2.   Exclusion of Other Rights.

     Except as may otherwise be required by law, the Series A Preferred Shares
shall not have any voting powers, preferences and relative, participating,
optional or other special rights, other than those specifically set forth in
this Certificate of Designation and in the Trust's Amended and Restated
Declaration of Trust (as such Certificate of Designation or Declaration of
Trust may be amended from time to time).  The Series A Preferred Shares shall
have no preemptive or subscription rights.

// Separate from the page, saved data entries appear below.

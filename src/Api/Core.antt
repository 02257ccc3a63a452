-- ===== src/Api/Core.antt =====
-- The core and batch objects of Kubernetes, with the fields that the controller reads or writes.
use vihara.Prelude.{String, ℤ, Option, List, [], Map}
use vihara.Api.Meta.{Time, ObjectMeta, empty_meta}

pub data TaintEffect : Type 0 where
  no_schedule prefer_no_schedule no_execute : TaintEffect

pub record Taint : Type 0 where
  pub key : String
  pub value : String
  pub effect : TaintEffect
  pub time_added : Option Time

pub record Toleration : Type 0 where
  pub key : String
  pub operator : String
  pub value : String
  pub effect : Option TaintEffect

pub record NodeSystemInfo : Type 0 where
  pub machine_id : String
  pub system_uuid : String
  pub boot_id : String

pub record Node : Type 0 where
  pub meta : ObjectMeta
  pub provider_id : String
  pub taints : List Taint
  pub node_info : NodeSystemInfo

abbrev pub empty_node : Node
empty_node = record {
  meta = empty_meta;
  provider_id = "";
  taints = [];
  node_info = record { machine_id = ""; system_uuid = ""; boot_id = "" };
}

-- `ConfigMapKeySelector` and `SecretKeySelector`
pub record KeySelector : Type 0 where
  pub name : String
  pub key : String

-- `EnvVar`, with the two value sources that the controller fills
pub record EnvVar : Type 0 where
  pub name : String
  pub value : String
  pub config_map_key_ref : Option KeySelector
  pub secret_key_ref : Option KeySelector

-- `EnvFromSource`; a reference is the name of the config map or secret
pub record EnvFromSource : Type 0 where
  pub prefix : String
  pub config_map_ref : Option String
  pub secret_ref : Option String

pub record Container : Type 0 where
  pub name : String
  pub env : List EnvVar
  pub env_from : List EnvFromSource

-- the node affinity is kept as a text, which the controller only compares with nil
pub record Affinity : Type 0 where
  pub node_affinity : Option String

pub data RestartPolicy : Type 0 where
  always on_failure never : RestartPolicy

pub record PodSpec : Type 0 where
  pub affinity : Option Affinity
  pub node_name : String
  pub node_selector : Option (Map String)
  pub tolerations : List Toleration
  pub restart_policy : RestartPolicy
  pub init_containers : List Container
  pub containers : List Container

pub record PodTemplateSpec : Type 0 where
  pub labels : Map String
  pub spec : PodSpec

pub record JobCondition : Type 0 where
  pub reason : String
  pub message : String

pub record JobSpec : Type 0 where
  pub parallelism : Option ℤ
  pub completions : Option ℤ
  pub active_deadline_seconds : Option ℤ
  pub template : PodTemplateSpec

pub record JobStatus : Type 0 where
  pub active : ℤ
  pub succeeded : ℤ
  pub failed : ℤ
  pub completion_time : Option Time
  pub conditions : List JobCondition

pub record Job : Type 0 where
  pub meta : ObjectMeta
  pub spec : JobSpec
  pub status : JobStatus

3.   Severability of Provisions.

     If any voting powers, preferences and relative, participating, optional
and other special rights of the Series A Preferred Shares and qualifications,
limitations and restrictions thereof set forth in this Certificate of
Designation (as such Certificate of Designation may be amended from time to
time) is invalid, unlawful or incapable of being enforced by reason of any rule
of law or public policy, all other voting powers, preferences and relative,
participating, optional and other special rights of Series A Preferred Shares
and qualifications, limitations and restrictions thereof set forth in this
Certificate of Designation (as so amended) which can be given effect without
the invalid, unlawful or unenforceable voting powers, preferences and relative,
participating, optional or other special rights of Series A Preferred Shares
and qualifications, limitations and restrictions thereof herein set forth shall
remain in full force and effect and shall not be deemed dependent upon any
other such voting powers, preferences and relative, participating, optional or
other special right of Series A Preferred Shares and qualifications,
limitations and restrictions thereof unless so expressed herein.

4.   This Certificate of Designation has been duly adopted by the Board of
Trustees of the Trust. Shareholder action or approval is not required.